= Christel Riemann-Hanewinckel =

German politician

Christel Riemann-Hanewinckel (born 6 April 1947 in Bad Tennstedt) is a German politician (SPD).

From 1998 to 2002, she served as Chairwoman of the Bundestag Committee for Family Affairs, Senior Citizens, Women and Youth. From 2002 to 2005, she held the position of Parliamentary State Secretary at the Federal Ministry for Family Affairs, Senior Citizens, Women and Youth.

== Life and career ==

After graduating from Arnoldischule in Gotha in 1965, Christel Riemann-Hanewinckel trained as a bookseller and worked in this profession until 1970. She then studied theology at Martin Luther University Halle-Wittenberg until 1976. She then worked as a pastor at the district pastorate for hospital pastoral care in Halle/Saale until 1990. From 1980 to 1990, she was a member of the executive committee of the Halle/Saale district synod and was deputy superintendent from 1988 to 1990. In 1990, she graduated as a supervisor of pastoral psychology.

Christel Riemann-Hanewinckel is married and has two children.

== Party ==

In October 1989, she was one of the co-founders of the SDP (later SPD) in the GDR. From 1993 to 2005 she was chairwoman of the Halle/Saale SPD city association. From 2002 to 2004, she held the position of deputy state chairwoman of the SPD Saxony-Anhalt.

Christel Riemann-Hanewinckel is co-editor of Spw - Zeitschrift für sozialistische Politik und Wirtschaft.

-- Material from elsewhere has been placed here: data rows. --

-- ===== src/Lifecycle/Ledger.antt =====
-- src/record/lifecycle/graph.rs: the maps of `validate_graph`, over a ledger with distinct ids and
-- over the same ledger with one more record.
use mathlib.Core.Path.{subst}
use mathlib.Core.List.{append-nil, append_assoc, map-append}
use equill.Base.{
  ℕ, String, ◌≡◌, refl, sym, ap, ◌∙◌, inl, inr, false, ◌||◌, Option, none, some, List, [], ◌∷◌,
  ◌++◌, ◌==◌, nat_eq, string_eq, contains, map, Unique, Unique-middle, lookup, insert,
  lookup-insert, insert_absent, lookup_absent, Elem, arith, eq_iff, if◌then◌else◌, Bool-cases,
  Option-cases,
}
use equill.Kernel.Error.{Result, ok, ◌>>=◌, >>=-eq-ok, ok-injective}
use equill.Json.{Json}
use equill.Record.{StoredRecord, TypeDefinition}
use equill.Lifecycle.Describes.{ids, targets, hits}
use equill.Lifecycle.Lookup.{pairs}
use equill.Lifecycle.Graph.{collect, add_definition, load_all, add_child}

module _ (j : Json) where
  open j use {Value}

  abbrev pub Rows : Type 0
  Rows = List (StoredRecord Value)

  map_fst-pairs : (rs : Rows) → map (λ p. p.0) (pairs j rs) ≡ ids j rs
  map_fst-pairs [] = refl
  map_fst-pairs (r ∷ rs) = ap (◌∷◌ r.id) (map_fst-pairs rs)

  -- No record has the id: the map has no entry.
  pub lookup-pairs_absent :
      (rs : Rows) (id : ℕ) → contains (ids j rs) id ≡ false → lookup id (pairs j rs) ≡ none
  lookup-pairs_absent rs id h = lookup_absent id (pairs j rs) (rw (map_fst-pairs rs) h)

  -- What the map finds is a record of the ledger with the id.
  pub lookup-pairs :
      (rs : Rows) (id : ℕ) (r : StoredRecord Value)
      → lookup id (pairs j rs) ≡ some r
      → (r.id ≡ id) × Elem r rs
  unfolding lookup
  lookup-pairs [] id r h = absurd (ground arith)
  lookup-pairs (x ∷ rs) id r h = elim (Bool-cases (x.id == id)) [
    | inl p ↦ let q : some x ≡ some r = rw p at h in (ground arith, inl (ground arith))
    | inr p ↦ let (q, place) = lookup-pairs rs id r (rw p at h) in (q, inr place)
  ]

  collect-append :
      (m : List (ℕ × StoredRecord Value)) (rs : Rows)
      → Unique (map (λ p. p.0) m ++ ids j rs)
      → collect j m rs ≡ m ++ pairs j rs
  unfolding collect
  collect-append m [] u = sym (append-nil m)
  collect-append m (r ∷ rs) u =
      let fresh = lookup_absent r.id m (Unique-middle r.id (map (λ p. p.0) m) (ids j rs) u) in
      rw (insert_absent r.id r m fresh) (
        collect-append (m ++ (r.id, r) ∷ []) rs (rw (map-append, append_assoc) u)
        ∙ append_assoc m ((r.id, r) ∷ []) (pairs j rs))

  -- With distinct ids the map is the ledger.
  pub collect-pairs : (rs : Rows) → Unique (ids j rs) → collect j [] rs ≡ pairs j rs
  collect-pairs rs u = collect-append [] rs u

  module _ (load : String → Result (TypeDefinition Value)) where
    abbrev pub Extends :
        List (String × TypeDefinition Value) → List (String × TypeDefinition Value) → Type 0
    Extends m n =
        (name : String) (d : TypeDefinition Value) → lookup name m ≡ some d → lookup name n ≡ some d

    -- what the map holds, the registry loads
    abbrev pub IsLoaded : List (String × TypeDefinition Value) → Type 0
    IsLoaded m =
        (name : String) (d : TypeDefinition Value) → lookup name m ≡ some d → load name ≡ ok d

    abbrev Added :
        String
        → List (String × TypeDefinition Value)
        → List (String × TypeDefinition Value)
        → Type 0
    Added name m n =
        Extends m n × IsLoaded n × ((d : TypeDefinition Value) × (lookup name n ≡ some d))

    insert-Added :
        (name : String) (d : TypeDefinition Value) (m : List (String × TypeDefinition Value))
        → IsLoaded m
        → lookup name m ≡ none
        → load name ≡ ok d
        → Added name m (insert name d m)
    insert-Added name d m known absent l = (
      λ q x h. rw lookup-insert (elim (Bool-cases (name == q)) [
        | inl p ↦ let same = ap (λ (s : String). lookup s m) ((eq_iff name q).0 p) in cc
        | inr p ↦ rw p h
      ]),
      λ q x h.
          let k : (if name == q then some d else lookup q m) ≡ some x = rw lookup-insert at h in
          elim (Bool-cases (name == q)) [
            | inl p ↦
                let held : some d ≡ some x = rw p at k in
                ap load (sym ((eq_iff name q).0 p)) ∙ l ∙ ground (arith, held)
            | inr p ↦ known q x (rw p at k)
          ],
      (d, lookup-insert name name d m ∙ rw ((eq_iff name name).1 refl) refl),
    )

    pub add_definition_lem :
        (name : String) (m n : List (String × TypeDefinition Value))
        → IsLoaded m
        → add_definition j load name m (lookup name m) ≡ ok n
        → Added name m n
    unfolding add_definition
    add_definition_lem name m n known h = elim (Option-cases (lookup name m)) [
      | inl absent ↦
          let (d, l, k) = >>=-eq-ok (load name) (λ d. ok (insert name d m)) (rw absent at h) in
          subst (Added name m) (ok-injective k) (insert-Added name d m known absent l)
      | inr (d, held) ↦
          subst (Added name m) (ok-injective (rw held at h)) (λ q x k. k, known, (d, held))
    ]

    pub load_all_lem :
        (m n : List (String × TypeDefinition Value)) (rs : Rows)
        → IsLoaded m
        → load_all j load m rs ≡ ok n
        → Extends m n × IsLoaded n
    unfolding load_all
    load_all_lem m n [] known h =
        subst (λ n. Extends m n × IsLoaded n) (ok-injective h) (λ q x k. k, known)
    load_all_lem m n (r ∷ rs) known h =
        let (mid, step, rest) =
          >>=-eq-ok (add_definition j load r.type_name m (lookup r.type_name m))
            (λ s. load_all j load s rs) h in
        let (grow, sound, _) = add_definition_lem r.type_name m mid known step in
        let (grow', sound') = load_all_lem mid n rs sound rest in
        (λ q x k. grow' q x (grow q x k), sound')

    pub load_all-snoc :
        (m n : List (String × TypeDefinition Value)) (rs : Rows) (c : StoredRecord Value)
        → load_all j load m rs ≡ ok n
        → load_all j load m (rs ++ c ∷ [])
          ≡ (add_definition j load c.type_name n (lookup c.type_name n) >>= λ k. ok k)
    unfolding load_all
    load_all-snoc m n [] c h = rw (ok-injective h) refl
    load_all-snoc m n (r ∷ rs) c h =
        let (mid, step, rest) =
          >>=-eq-ok (add_definition j load r.type_name m (lookup r.type_name m))
            (λ s. load_all j load s rs) h in
        rw step (load_all-snoc mid n rs c rest)

  -- the children that the loop has counted, after a ledger whose edges are all accepted
  abbrev pub children : List ℕ → Rows → List ℕ
  children acc [] = acc
  children acc (r ∷ rs) = children (add_child j r.supersedes acc) rs

  pub children-snoc :
      (acc : List ℕ) (rs : Rows) (c : StoredRecord Value)
      → children acc (rs ++ c ∷ []) ≡ add_child j c.supersedes (children acc rs)
  children-snoc acc [] c = refl
  children-snoc acc (r ∷ rs) c = children-snoc (add_child j r.supersedes acc) rs c

  contains-add_child :
      (o : Option ℕ) (acc : List ℕ) (id : ℕ)
      → contains (add_child j o acc) id ≡ (hits j o id || contains acc id)
  unfolding contains
  contains-add_child none acc id = refl
  contains-add_child (some t) acc id = refl

  -- The ids with a child are those that some record supersedes.
  pub contains-children :
      (acc : List ℕ) (rs : Rows) (id : ℕ)
      → contains (children acc rs) id ≡ (contains acc id || contains (targets j rs) id)
  unfolding contains
  contains-children acc [] id = ground arith
  contains-children acc (r ∷ rs) id =
      contains-children (add_child j r.supersedes acc) rs id ∙ ground arith

  pub contains-children_nil :
      (rs : Rows) (id : ℕ) → contains (children [] rs) id ≡ contains (targets j rs) id
  unfolding contains
  contains-children_nil rs id = contains-children [] rs id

== Member of Parliament ==

From 1990 to 1992, she was a city councillor and vice president of the city council of Halle/Saale.

From 1990 to 2009, she was a member of the German Bundestag. She was a member of the executive committee of the SPD Bundestagsfraktion from 1998 to 2002 and also chaired the Committee for Family, Senior Citizens, Women and Youth.

In 1990, Christel Riemann-Hanewinckel was elected via the state list of Saxony-Anhalt. She then served as a directly elected member of the Bundestag constituency Halle-Altstadt in the Bundestag. In the 2005 Bundestag election, she received 36.0% of the first vote.

== Public offices ==

After the 2002 Bundestag election, she was appointed Parliamentary State Secretary to the Federal Minister for Family Affairs, Senior Citizens, Women and Youth on 22 October 2002 in the Federal Chancellor's Gerhard Schröder Federal Chancellor led by Gerhard Schröder.

After the 2005 Bundestag elections, the leadership of the Ministry of Family Affairs was transferred to Ursula von der Leyen (CDU) and Christel Riemann-Hanewinckel left office on 22 November 2005.

From 2009 to 2019, Christel Riemann-Hanewinckel was President of the Evangelische Arbeitsgemeinschaft Familie.